» Exercise goal: Scan the listing below. Return every line containing the string "antt".

» Provided records:
-- ===== src/Aggregate/Entities/Root/Values.antt =====
-- What the diffs of one field do to its old value: they lead to the new one.
use minos_python.Base.{
  ℕ, ◌≡◌, refl, sym, ◌∙◌, true, false, not, Option, none, some, List, [], ◌∷◌, map, arith, contains,
  is_empty, any_of, All, return, inl, inr, Bool-cases,
}
use minos_python.Aggregate.Entities.Sets.{
  ValueEntity, SetChange, minus, minus_entities, modified, value_diff, entity_diff, find_entity,
  apply_change, apply_value_diff, apply_entity_diff, add_value, discard_value, add_entity,
  discard_entity,
}
use minos_python.Aggregate.Entities.Sets.Diffs.{
  IsKeyed, apply_value_diff-value_diff, apply_entity_diff-entity_diff,
}
use minos_python.Aggregate.Entities.Events.{
  FieldValue, scalar, value_set, entity_set, FieldDiff, plain, of_value, of_entity, name_of,
  is_incremental, value_eq, field_changes,
}
use minos_python.Aggregate.Entities.Events.Grouping.{IsBlock}
use minos_python.Aggregate.Entities.Root.{change_value}

-- The same number, or sets with the same members.
abbrev pub SameMembers : FieldValue → FieldValue → Type 0
SameMembers (scalar a) (scalar b) = a ≡ b
SameMembers (value_set a) (value_set b) = (x : ℕ) → contains x a ≡ contains x b
SameMembers (entity_set a) (entity_set b) = (u : ℕ) → find_entity u a ≡ find_entity u b
SameMembers _ _ = ⊥

-- Two values of one kind; the entities of a set have distinct identifiers.
abbrev pub SameKind : FieldValue → FieldValue → Type 0
SameKind (scalar a) (scalar b) = Unit
SameKind (value_set a) (value_set b) = Unit
SameKind (entity_set a) (entity_set b) = IsKeyed a × IsKeyed b
SameKind _ _ = ⊥

abbrev pub apply_all : List FieldDiff → FieldValue → Option FieldValue
apply_all [] w = some w
apply_all (d ∷ ds) w = elim (change_value d w) [ none ↦ none | some w' ↦ apply_all ds w' ]

abbrev pub continue : List FieldDiff → Option FieldValue → Option FieldValue
continue ds none = none
continue ds (some w) = apply_all ds w

is_empty-nil : {A : Type 0} (xs : List A) → is_empty xs ≡ true → xs ≡ []
is_empty-nil [] h = refl
is_empty-nil (x ∷ xs) h = cc

apply_all-of_value :
    (n : ℕ) (cs : List (SetChange ℕ)) (xs : List ℕ)
    → apply_all (map (of_value n) cs) (value_set xs) ≡ some (value_set (apply_value_diff cs xs))
unfolding apply_value_diff
apply_all-of_value n [] xs = refl
apply_all-of_value n (c ∷ cs) xs =
    apply_all-of_value n cs (apply_change add_value discard_value c xs)

apply_all-of_entity :
    (n : ℕ) (cs : List (SetChange ValueEntity)) (es : List ValueEntity)
    → apply_all (map (of_entity n) cs) (entity_set es) ≡ some (entity_set (apply_entity_diff cs es))
unfolding apply_entity_diff
apply_all-of_entity n [] es = refl
apply_all-of_entity n (c ∷ cs) es =
    apply_all-of_entity n cs (apply_change add_entity discard_entity c es)

none_plain :
    {T : Type 0} (f : SetChange T → FieldDiff) (cs : List (SetChange T))
    → ((c : SetChange T) → is_incremental (f c) ≡ true)
    → any_of (λ d. not (is_incremental d)) (map f cs) ≡ false
none_plain f [] h = refl
none_plain f (c ∷ cs) h = rw (h c) (none_plain f cs h)

All-named :
    {T : Type 0} (n : ℕ) (f : SetChange T → FieldDiff) (cs : List (SetChange T))
    → ((c : SetChange T) → name_of (f c) ≡ n)
    → All (λ d. name_of d ≡ n) (map f cs)
All-named n f [] h = tt
All-named n f (c ∷ cs) h = (h c, All-named n f cs h)

incremental-IsBlock :
    {T : Type 0} (n : ℕ) (f : SetChange T → FieldDiff) (cs : List (SetChange T))
    → ((c : SetChange T) → name_of (f c) ≡ n)
    → ((c : SetChange T) → is_incremental (f c) ≡ true)
    → IsBlock n (map f cs)
incremental-IsBlock n f cs named incremental =
    (All-named n f cs named, ground (arith, none_plain f cs incremental))

-- What the diffs of one field do to its old value.
pub record Leads (n : ℕ) (v w : FieldValue) : Type 0 where
  pub diffs : List FieldDiff
  pub computed : field_changes n v (some w) ≡ return diffs
  pub block : IsBlock n diffs
  pub result : FieldValue
  pub applied : apply_all diffs w ≡ some result
  pub same : SameMembers v result

value_eq-SameMembers : (v w : FieldValue) → SameKind v w → value_eq v w ≡ true → SameMembers v w
unfolding value_diff entity_diff apply_value_diff apply_entity_diff
value_eq-SameMembers (scalar a) (scalar b) k h = ground arith
value_eq-SameMembers (value_set a) (value_set b) k h = λ x.
    let p : minus a b ≡ [] = is_empty-nil (minus a b) (ground arith) in
    let q : minus b a ≡ [] = is_empty-nil (minus b a) (ground arith) in
    let nothing : value_diff a b ≡ [] = rw (p, q) in
    sym (apply_value_diff-value_diff a b x) ∙ rw (nothing, apply_value_diff)
value_eq-SameMembers (entity_set a) (entity_set b) k h = λ u.
    let p : minus_entities a b ≡ [] = is_empty-nil (minus_entities a b) (ground arith) in
    let q : minus_entities b a ≡ [] = is_empty-nil (minus_entities b a) (ground arith) in
    let m : modified a b ≡ [] = is_empty-nil (modified a b) (ground arith) in
    let nothing : entity_diff a b ≡ [] = rw (p, q, m) in
    sym (apply_entity_diff-entity_diff a b u k.0 k.1) ∙ rw (nothing, apply_entity_diff)
value_eq-SameMembers (scalar a) (value_set b) k h = elim k [ ]
value_eq-SameMembers (scalar a) (entity_set b) k h = elim k [ ]
value_eq-SameMembers (value_set a) (scalar b) k h = elim k [ ]
value_eq-SameMembers (value_set a) (entity_set b) k h = elim k [ ]
value_eq-SameMembers (entity_set a) (scalar b) k h = elim k [ ]
value_eq-SameMembers (entity_set a) (value_set b) k h = elim k [ ]

differing-Leads : (n : ℕ) (v w : FieldValue) → SameKind v w → value_eq v w ≡ false → Leads n v w
differing-Leads n (scalar a) (scalar b) k h = record {
  diffs = plain n (scalar a) ∷ [];
  computed = rw h;
  block = ((refl, tt), refl);
  result = scalar a;
  applied = refl;
  same = refl;
}
differing-Leads n (value_set a) (value_set b) k h = record {
  diffs = map (of_value n) (value_diff a b);
  computed = rw h;
  block = incremental-IsBlock n (of_value n) (value_diff a b) (λ c. refl) (λ c. refl);
  result = value_set (apply_value_diff (value_diff a b) b);
  applied = apply_all-of_value n (value_diff a b) b;
  same = λ x. sym (apply_value_diff-value_diff a b x);
}
differing-Leads n (entity_set a) (entity_set b) k h = record {
  diffs = map (of_entity n) (entity_diff a b);
  computed = rw h;
  block = incremental-IsBlock n (of_entity n) (entity_diff a b) (λ c. refl) (λ c. refl);
  result = entity_set (apply_entity_diff (entity_diff a b) b);
  applied = apply_all-of_entity n (entity_diff a b) b;
  same = λ u. sym (apply_entity_diff-entity_diff a b u k.0 k.1);
}
differing-Leads n (scalar a) (value_set b) k h = elim k [ ]
differing-Leads n (scalar a) (entity_set b) k h = elim k [ ]
differing-Leads n (value_set a) (scalar b) k h = elim k [ ]
differing-Leads n (value_set a) (entity_set b) k h = elim k [ ]
differing-Leads n (entity_set a) (scalar b) k h = elim k [ ]
differing-Leads n (entity_set a) (value_set b) k h = elim k [ ]

pub field-Leads : (n : ℕ) (v w : FieldValue) → SameKind v w → Leads n v w
field-Leads n v w k = elim (Bool-cases (value_eq v w)) [
  | inl equal ↦ record {
    diffs = [];
    computed = rw equal;
    block = (tt, refl);
    result = w;
    applied = refl;
    same = value_eq-SameMembers v w k equal;
  }
  | inr other ↦ differing-Leads n v w k other
]
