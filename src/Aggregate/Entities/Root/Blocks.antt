-- ===== src/Aggregate/Entities/Root/Blocks.antt =====
-- `apply_diff` on a block of diffs of one field.
use minos_python.Base.{
  ℕ, ◌≡◌, refl, sym, ap, ◌∙◌, some, List, [], ◌∷◌, ◌++◌, arith, ◌==◌, ==_refl, if◌then◌else◌, All,
  ◌>>◌, inl, inr, Option-cases,
}
use minos_python.Aggregate.Entities.Events.{
  FieldValue, Fields, RootEntity, FieldDiff, name_of, find_field,
}
use minos_python.Aggregate.Entities.Root.{
  set_field, change_value, changed_value, assign, apply_fields,
}
use minos_python.Aggregate.Entities.Root.Values.{apply_all, continue}

pub find-set_field :
    (n m : ℕ) (v w : FieldValue) (fs : Fields)
    → find_field n fs ≡ some w
    → find_field m (set_field n v fs) ≡ (if n == m then some v else find_field m fs)
find-set_field n m v w [] h = cc
find-set_field n m v w ((k, u) ∷ fs) h = ground (arith, find-set_field n m v w fs)

set_field_self :
    (n : ℕ) (w : FieldValue) (fs : Fields) → find_field n fs ≡ some w → set_field n w fs ≡ fs
set_field_self n w [] h = refl
set_field_self n w ((k, u) ∷ fs) h = ground (arith, set_field_self n w fs)

set_field_twice :
    (n : ℕ) (v w : FieldValue) (fs : Fields) → set_field n v (set_field n w fs) ≡ set_field n v fs
set_field_twice n v w [] = refl
set_field_twice n v w ((k, u) ∷ fs) = ground (arith, set_field_twice n v w fs)

unfoldable pub with_fields : RootEntity → Fields → RootEntity
with_fields r fs = record r { fields = fs }

apply_fields-step :
    (d : FieldDiff) (n : ℕ) (ds : List FieldDiff) (r : RootEntity) (w w' : FieldValue)
    → name_of d ≡ n
    → find_field n r.fields ≡ some w
    → change_value d w ≡ some w'
    → apply_fields (d ∷ ds) r ≡ apply_fields ds (with_fields r (set_field n w' r.fields))
unfolding with_fields
apply_fields-step d n ds r w w' named found changes =
    let value : changed_value d (find_field (name_of d) r.fields) ≡ some w' =
      ap (λ k. changed_value d (find_field k r.fields)) named
      ∙ ap (changed_value d) found
      ∙ changes in
    ap (λ o. (assign (name_of d) o >> apply_fields ds) r) value
    ∙ ap (λ k. apply_fields ds (with_fields r (set_field k w' r.fields))) named

pub apply_fields-block :
    (n : ℕ) (ds es : List FieldDiff) (r : RootEntity) (w w' : FieldValue)
    → All (λ d. name_of d ≡ n) ds
    → find_field n r.fields ≡ some w
    → apply_all ds w ≡ some w'
    → apply_fields (ds ++ es) r ≡ apply_fields es (with_fields r (set_field n w' r.fields))
unfolding with_fields
apply_fields-block n [] es r w w' named found h =
    ap (λ fs. apply_fields es (with_fields r fs))
      (sym (set_field_self n w r.fields found) ∙ ap (λ v. set_field n v r.fields) (cc h))
apply_fields-block n (d ∷ ds) es r w w' named found h = elim (Option-cases (change_value d w)) [
  | inl fails ↦ absurd (cc (h, ap (continue ds) fails))
  | inr (v, changes) ↦
      let rest : apply_all ds v ≡ some w' = sym (ap (continue ds) changes) ∙ h in
      let r₁ = with_fields r (set_field n v r.fields) in
      let here : find_field n r₁.fields ≡ some v =
        find-set_field n n v w r.fields found ∙ rw (==_refl n) in
      apply_fields-step d n (ds ++ es) r w v named.0 found changes
      ∙ apply_fields-block n ds es r₁ v w' named.1 here rest
      ∙ ap (λ fs. apply_fields es (with_fields r fs)) (set_field_twice n w' v r.fields)
]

» Exercise result:
-- ===== src/Aggregate/Entities/Root/Values.antt =====
filename src/Aggregate/Entities/Root/Blocks.antt
-- ===== src/Aggregate/Entities/Root/Blocks.antt =====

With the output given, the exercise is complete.